>>>>

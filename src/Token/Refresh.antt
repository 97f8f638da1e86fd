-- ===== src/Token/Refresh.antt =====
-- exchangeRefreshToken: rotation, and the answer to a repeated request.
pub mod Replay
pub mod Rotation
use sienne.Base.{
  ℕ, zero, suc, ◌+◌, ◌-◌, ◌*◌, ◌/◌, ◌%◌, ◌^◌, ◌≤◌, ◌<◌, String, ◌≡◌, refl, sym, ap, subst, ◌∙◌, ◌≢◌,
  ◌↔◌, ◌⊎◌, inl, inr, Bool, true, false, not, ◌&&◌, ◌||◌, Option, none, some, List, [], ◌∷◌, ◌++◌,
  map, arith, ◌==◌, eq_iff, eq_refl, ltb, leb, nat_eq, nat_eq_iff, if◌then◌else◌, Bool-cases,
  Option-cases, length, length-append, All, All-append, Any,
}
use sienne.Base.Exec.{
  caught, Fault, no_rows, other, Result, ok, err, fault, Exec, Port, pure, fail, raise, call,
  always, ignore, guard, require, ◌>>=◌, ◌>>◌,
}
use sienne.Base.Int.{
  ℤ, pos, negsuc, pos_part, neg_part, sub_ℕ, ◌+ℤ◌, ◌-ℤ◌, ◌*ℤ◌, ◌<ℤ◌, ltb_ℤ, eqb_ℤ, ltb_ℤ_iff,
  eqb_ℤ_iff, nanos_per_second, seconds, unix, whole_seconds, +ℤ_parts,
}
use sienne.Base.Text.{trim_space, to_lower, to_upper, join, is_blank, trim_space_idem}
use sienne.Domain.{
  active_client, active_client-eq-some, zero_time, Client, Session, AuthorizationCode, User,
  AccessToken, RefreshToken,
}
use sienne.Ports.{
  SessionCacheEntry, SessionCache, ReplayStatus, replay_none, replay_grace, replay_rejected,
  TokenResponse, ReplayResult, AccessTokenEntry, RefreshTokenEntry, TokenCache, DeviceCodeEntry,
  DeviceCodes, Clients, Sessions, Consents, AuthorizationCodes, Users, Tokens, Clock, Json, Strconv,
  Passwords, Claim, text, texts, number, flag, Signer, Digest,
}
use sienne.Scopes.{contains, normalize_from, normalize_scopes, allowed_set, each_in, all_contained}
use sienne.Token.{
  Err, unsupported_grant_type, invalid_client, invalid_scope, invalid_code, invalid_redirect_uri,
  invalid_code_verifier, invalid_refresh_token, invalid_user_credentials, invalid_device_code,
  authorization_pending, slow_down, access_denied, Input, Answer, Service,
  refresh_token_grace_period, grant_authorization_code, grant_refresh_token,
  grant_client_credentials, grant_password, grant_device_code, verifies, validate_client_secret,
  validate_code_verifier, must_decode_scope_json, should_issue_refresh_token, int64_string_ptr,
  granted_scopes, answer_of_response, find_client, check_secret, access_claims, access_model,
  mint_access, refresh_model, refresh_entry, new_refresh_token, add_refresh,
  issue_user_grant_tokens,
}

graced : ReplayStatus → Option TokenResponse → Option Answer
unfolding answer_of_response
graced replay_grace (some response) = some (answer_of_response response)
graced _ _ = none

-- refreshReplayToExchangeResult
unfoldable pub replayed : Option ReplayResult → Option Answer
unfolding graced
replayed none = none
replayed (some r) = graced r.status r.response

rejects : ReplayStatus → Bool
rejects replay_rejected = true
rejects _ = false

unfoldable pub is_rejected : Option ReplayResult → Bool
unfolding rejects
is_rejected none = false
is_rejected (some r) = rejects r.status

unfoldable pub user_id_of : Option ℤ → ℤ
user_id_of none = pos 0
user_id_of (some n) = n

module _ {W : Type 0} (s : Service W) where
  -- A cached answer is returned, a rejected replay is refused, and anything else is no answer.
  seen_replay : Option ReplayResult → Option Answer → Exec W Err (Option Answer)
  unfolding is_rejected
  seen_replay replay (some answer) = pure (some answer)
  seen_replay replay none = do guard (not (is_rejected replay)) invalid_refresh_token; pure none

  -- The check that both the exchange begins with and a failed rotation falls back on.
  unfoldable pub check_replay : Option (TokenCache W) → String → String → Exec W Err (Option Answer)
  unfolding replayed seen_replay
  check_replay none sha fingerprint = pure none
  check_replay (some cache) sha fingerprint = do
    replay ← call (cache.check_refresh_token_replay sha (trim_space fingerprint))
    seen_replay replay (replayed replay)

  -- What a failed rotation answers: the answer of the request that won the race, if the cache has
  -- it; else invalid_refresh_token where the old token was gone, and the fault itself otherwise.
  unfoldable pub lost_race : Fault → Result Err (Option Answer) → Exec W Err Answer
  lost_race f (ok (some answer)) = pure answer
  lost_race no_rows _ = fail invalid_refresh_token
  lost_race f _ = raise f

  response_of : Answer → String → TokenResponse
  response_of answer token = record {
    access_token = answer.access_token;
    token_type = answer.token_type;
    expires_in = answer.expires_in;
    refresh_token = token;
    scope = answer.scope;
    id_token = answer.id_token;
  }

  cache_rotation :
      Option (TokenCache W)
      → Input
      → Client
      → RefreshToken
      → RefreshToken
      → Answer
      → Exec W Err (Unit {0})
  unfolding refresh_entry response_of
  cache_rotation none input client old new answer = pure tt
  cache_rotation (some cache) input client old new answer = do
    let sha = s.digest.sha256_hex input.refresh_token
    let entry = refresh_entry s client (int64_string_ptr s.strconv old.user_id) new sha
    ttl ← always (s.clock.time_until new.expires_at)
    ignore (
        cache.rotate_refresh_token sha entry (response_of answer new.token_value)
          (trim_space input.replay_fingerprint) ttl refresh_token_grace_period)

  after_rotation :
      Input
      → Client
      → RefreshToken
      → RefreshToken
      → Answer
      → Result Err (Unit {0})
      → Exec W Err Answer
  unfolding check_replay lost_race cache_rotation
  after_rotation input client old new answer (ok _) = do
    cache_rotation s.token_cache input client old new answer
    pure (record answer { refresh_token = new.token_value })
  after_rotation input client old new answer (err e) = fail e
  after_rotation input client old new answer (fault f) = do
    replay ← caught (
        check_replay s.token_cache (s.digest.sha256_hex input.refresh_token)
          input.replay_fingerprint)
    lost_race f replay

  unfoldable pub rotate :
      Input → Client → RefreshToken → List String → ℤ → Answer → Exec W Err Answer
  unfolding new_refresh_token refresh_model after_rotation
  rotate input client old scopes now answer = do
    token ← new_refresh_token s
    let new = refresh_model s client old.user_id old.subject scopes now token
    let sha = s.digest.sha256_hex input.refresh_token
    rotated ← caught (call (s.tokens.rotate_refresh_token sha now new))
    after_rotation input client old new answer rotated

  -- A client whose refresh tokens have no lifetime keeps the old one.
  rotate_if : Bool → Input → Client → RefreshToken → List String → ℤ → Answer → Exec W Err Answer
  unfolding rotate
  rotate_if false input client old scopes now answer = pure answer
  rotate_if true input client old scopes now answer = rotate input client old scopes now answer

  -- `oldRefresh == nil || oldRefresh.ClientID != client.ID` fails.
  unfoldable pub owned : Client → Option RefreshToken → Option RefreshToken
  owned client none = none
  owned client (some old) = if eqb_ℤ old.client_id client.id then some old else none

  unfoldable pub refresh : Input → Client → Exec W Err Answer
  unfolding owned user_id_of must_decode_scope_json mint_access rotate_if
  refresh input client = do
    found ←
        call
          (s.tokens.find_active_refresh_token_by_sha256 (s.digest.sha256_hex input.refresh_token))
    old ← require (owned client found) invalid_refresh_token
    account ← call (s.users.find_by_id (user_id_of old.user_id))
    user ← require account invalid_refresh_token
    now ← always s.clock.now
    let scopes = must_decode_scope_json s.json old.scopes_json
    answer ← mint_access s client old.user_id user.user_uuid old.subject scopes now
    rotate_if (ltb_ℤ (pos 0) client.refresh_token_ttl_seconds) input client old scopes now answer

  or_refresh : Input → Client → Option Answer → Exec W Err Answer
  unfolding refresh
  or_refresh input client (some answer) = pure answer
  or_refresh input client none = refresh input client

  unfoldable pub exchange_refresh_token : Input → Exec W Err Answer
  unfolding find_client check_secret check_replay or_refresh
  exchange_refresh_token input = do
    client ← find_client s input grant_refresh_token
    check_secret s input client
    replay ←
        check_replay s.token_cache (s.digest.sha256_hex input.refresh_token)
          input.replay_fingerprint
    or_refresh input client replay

<<<<
>>>>

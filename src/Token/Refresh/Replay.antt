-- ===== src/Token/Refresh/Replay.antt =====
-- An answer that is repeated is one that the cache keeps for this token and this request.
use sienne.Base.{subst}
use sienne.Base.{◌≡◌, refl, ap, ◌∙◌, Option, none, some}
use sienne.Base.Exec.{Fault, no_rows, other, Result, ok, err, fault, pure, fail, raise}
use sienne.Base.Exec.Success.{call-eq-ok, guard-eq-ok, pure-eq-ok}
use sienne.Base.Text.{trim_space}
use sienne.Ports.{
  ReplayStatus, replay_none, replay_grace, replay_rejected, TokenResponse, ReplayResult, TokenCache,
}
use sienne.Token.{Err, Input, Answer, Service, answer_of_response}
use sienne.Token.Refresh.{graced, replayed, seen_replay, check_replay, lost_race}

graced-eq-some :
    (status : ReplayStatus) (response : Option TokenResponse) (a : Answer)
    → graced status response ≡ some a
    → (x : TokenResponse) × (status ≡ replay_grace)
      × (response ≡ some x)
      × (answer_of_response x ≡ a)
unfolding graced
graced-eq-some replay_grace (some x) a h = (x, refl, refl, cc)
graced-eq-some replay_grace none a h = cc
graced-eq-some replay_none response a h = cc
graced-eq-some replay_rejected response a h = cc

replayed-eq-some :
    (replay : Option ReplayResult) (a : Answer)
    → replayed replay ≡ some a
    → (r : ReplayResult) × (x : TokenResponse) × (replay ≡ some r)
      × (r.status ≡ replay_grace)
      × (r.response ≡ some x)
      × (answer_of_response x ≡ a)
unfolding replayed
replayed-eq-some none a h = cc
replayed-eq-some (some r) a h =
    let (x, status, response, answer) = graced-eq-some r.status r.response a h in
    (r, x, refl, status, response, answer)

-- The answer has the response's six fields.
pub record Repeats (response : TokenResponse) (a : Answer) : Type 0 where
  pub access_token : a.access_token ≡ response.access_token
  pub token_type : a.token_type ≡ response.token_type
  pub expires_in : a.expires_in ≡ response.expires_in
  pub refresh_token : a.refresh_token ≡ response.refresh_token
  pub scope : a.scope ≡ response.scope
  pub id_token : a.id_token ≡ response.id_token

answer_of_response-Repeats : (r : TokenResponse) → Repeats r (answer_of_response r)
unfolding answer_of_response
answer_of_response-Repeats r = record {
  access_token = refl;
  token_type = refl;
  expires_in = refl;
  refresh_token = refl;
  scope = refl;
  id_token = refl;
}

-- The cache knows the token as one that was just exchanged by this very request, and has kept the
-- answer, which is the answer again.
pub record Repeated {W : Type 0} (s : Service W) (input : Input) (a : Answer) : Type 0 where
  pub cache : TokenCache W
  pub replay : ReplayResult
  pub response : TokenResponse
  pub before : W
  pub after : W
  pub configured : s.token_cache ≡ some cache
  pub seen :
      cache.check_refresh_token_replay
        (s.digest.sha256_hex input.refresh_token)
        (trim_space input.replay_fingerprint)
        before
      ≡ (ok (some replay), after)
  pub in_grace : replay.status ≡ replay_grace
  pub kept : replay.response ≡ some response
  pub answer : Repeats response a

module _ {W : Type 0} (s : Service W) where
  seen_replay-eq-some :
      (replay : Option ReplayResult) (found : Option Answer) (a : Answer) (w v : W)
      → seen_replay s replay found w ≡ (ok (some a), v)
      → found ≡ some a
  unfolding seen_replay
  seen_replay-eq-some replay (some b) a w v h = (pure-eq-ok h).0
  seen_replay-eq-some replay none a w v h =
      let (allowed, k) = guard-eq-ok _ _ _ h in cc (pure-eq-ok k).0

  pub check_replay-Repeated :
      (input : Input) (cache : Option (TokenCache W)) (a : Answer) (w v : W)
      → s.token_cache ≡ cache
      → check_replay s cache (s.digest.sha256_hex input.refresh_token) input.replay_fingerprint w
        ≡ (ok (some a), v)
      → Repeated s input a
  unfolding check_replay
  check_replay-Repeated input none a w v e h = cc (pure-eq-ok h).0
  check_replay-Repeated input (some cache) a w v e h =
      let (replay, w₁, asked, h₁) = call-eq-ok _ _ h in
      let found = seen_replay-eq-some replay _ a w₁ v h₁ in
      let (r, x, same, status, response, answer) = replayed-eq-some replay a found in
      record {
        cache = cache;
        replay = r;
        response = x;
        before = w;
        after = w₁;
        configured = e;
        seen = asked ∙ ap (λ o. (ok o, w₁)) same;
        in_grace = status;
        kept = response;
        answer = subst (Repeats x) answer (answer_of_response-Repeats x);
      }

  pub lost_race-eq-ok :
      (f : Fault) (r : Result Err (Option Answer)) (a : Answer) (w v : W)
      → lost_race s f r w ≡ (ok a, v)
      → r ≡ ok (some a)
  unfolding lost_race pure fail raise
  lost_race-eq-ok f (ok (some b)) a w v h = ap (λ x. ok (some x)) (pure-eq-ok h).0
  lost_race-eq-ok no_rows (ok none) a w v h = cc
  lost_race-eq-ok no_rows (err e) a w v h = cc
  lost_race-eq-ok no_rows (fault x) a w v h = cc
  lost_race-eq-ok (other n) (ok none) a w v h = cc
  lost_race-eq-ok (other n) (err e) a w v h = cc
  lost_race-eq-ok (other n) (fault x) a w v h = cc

<<<<
>>>>

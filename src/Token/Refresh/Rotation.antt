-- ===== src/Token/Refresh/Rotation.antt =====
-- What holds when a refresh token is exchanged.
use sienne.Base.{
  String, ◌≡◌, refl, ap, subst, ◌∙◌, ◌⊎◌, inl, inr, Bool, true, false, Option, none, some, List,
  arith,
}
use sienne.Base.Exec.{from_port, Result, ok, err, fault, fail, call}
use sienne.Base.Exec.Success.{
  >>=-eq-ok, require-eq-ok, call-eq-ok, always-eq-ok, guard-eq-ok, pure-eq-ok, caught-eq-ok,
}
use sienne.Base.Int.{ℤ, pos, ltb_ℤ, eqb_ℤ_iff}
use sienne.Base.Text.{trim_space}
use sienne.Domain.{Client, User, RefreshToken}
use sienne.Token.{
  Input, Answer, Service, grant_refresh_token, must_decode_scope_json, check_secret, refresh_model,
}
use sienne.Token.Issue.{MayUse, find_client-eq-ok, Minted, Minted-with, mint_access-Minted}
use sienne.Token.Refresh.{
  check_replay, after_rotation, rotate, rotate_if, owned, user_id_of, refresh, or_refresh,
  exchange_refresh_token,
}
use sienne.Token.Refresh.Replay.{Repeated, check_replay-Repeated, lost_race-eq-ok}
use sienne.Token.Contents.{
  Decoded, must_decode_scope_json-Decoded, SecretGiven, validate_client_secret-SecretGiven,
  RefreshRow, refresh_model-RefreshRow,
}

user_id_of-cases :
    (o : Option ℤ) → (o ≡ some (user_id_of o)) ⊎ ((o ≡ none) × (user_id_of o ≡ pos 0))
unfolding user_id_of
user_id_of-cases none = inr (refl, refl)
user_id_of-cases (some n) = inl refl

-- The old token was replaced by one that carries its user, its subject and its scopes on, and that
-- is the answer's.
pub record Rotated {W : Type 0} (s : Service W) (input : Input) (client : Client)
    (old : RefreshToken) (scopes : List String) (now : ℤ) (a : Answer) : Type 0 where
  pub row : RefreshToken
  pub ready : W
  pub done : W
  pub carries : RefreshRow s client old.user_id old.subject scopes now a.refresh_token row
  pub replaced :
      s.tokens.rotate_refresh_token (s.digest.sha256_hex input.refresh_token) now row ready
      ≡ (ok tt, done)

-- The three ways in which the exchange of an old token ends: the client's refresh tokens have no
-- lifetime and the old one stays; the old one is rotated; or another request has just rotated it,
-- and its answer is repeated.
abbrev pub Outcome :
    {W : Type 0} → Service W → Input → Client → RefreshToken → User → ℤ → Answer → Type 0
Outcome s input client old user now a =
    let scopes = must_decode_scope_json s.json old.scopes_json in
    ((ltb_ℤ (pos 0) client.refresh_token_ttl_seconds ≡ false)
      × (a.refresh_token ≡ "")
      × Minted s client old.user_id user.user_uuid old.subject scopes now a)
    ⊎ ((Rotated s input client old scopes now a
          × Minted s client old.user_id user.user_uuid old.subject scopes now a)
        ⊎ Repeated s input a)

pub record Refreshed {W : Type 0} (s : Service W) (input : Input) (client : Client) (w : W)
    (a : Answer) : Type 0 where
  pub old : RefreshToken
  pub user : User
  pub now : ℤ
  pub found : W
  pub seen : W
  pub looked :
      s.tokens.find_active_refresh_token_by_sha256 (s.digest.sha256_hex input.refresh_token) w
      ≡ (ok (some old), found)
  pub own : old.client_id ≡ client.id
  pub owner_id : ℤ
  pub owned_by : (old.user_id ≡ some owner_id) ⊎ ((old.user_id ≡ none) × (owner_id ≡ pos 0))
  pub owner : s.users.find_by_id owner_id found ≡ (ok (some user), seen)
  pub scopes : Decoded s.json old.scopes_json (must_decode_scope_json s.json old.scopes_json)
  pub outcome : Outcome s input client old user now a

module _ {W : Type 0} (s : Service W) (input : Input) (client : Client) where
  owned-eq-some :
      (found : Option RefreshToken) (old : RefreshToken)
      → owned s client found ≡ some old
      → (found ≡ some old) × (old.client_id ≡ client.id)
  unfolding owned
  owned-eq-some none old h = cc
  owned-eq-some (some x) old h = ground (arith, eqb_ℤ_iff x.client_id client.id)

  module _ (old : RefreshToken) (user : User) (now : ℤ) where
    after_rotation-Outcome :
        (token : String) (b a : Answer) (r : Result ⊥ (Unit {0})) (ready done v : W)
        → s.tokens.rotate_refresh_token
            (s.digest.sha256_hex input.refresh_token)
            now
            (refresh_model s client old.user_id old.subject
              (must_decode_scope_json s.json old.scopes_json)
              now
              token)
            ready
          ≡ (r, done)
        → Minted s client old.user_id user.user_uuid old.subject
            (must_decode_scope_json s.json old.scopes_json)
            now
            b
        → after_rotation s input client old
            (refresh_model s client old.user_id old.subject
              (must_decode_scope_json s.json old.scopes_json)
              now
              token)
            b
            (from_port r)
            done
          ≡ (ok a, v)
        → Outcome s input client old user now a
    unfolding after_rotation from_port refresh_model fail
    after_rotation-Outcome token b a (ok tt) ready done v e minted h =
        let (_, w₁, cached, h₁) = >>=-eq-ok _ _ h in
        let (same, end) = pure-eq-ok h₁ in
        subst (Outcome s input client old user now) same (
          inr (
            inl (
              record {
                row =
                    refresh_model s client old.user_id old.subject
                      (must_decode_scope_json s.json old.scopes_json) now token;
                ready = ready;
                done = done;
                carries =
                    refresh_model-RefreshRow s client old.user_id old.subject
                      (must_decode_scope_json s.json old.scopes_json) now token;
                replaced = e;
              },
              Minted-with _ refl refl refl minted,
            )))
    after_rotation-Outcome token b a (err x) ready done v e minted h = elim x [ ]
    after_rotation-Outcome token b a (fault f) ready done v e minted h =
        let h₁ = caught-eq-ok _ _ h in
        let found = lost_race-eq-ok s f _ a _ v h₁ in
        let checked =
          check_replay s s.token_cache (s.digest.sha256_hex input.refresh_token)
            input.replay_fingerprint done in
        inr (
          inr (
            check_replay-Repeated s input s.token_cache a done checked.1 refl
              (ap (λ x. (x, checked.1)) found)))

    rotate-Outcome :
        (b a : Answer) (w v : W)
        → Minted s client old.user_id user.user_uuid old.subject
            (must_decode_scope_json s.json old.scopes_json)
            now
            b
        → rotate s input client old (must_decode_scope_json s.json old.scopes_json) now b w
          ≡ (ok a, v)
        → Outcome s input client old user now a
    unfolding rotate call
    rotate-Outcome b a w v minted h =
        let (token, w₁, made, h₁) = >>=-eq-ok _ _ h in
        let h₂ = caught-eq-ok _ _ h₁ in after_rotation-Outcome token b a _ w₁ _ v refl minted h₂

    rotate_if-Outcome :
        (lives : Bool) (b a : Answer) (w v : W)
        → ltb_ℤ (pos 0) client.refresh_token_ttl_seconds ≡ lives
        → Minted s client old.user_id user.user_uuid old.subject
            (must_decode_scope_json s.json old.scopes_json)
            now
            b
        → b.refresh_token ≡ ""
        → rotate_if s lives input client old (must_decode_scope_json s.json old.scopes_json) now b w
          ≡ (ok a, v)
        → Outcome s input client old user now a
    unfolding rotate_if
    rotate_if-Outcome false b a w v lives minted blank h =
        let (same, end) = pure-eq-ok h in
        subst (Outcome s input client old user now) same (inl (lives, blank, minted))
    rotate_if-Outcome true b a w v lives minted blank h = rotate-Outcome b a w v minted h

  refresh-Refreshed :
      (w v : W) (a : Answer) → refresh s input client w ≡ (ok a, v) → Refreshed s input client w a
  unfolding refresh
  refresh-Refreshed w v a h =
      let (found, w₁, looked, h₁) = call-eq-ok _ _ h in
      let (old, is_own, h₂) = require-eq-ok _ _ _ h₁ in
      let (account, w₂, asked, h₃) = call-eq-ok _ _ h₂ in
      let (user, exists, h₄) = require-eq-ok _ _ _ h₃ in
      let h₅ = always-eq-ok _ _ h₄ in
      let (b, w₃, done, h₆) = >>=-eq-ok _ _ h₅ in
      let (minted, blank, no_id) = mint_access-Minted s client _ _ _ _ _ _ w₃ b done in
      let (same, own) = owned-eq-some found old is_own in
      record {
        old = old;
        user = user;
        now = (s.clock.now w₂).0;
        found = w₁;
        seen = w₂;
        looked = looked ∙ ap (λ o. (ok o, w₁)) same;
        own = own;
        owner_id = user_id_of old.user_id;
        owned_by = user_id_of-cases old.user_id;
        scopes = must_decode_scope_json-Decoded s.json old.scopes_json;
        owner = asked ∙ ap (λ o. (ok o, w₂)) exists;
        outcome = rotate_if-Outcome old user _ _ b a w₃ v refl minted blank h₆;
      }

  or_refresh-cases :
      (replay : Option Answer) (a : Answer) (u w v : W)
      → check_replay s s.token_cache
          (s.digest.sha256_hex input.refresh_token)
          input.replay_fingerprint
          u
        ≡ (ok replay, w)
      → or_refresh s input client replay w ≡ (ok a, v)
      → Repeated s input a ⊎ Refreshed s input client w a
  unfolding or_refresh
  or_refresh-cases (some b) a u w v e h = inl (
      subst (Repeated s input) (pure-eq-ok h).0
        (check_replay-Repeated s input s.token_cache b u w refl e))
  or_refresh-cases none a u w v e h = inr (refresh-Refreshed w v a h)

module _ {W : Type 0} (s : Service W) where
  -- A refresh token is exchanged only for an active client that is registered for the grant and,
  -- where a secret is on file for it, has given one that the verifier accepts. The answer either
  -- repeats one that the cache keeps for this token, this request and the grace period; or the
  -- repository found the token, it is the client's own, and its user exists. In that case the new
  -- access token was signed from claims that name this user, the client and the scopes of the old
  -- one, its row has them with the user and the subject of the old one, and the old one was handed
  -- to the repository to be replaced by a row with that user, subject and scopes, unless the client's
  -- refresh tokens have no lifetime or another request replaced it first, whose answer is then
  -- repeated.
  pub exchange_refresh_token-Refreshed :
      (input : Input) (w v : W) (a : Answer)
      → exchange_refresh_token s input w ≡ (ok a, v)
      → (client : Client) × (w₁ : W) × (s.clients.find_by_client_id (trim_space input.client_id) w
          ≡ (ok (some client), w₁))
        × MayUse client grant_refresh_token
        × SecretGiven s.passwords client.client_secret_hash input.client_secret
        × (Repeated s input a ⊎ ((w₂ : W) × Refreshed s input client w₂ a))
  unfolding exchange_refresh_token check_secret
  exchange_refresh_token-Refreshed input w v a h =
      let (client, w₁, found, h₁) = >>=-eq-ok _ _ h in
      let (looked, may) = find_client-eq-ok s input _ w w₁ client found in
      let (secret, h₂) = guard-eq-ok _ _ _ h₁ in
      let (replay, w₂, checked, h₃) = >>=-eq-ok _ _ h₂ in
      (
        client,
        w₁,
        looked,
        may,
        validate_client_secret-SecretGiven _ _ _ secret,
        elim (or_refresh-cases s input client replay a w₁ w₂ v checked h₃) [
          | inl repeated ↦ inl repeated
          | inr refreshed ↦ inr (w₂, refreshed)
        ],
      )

<<<<

● Assignment
Return, from the entries, each line that holds "What".

● Response to the task
  -- What a failed rotation answers: the answer of the request that won the race, if the cache has
-- What holds when a refresh token is exchanged.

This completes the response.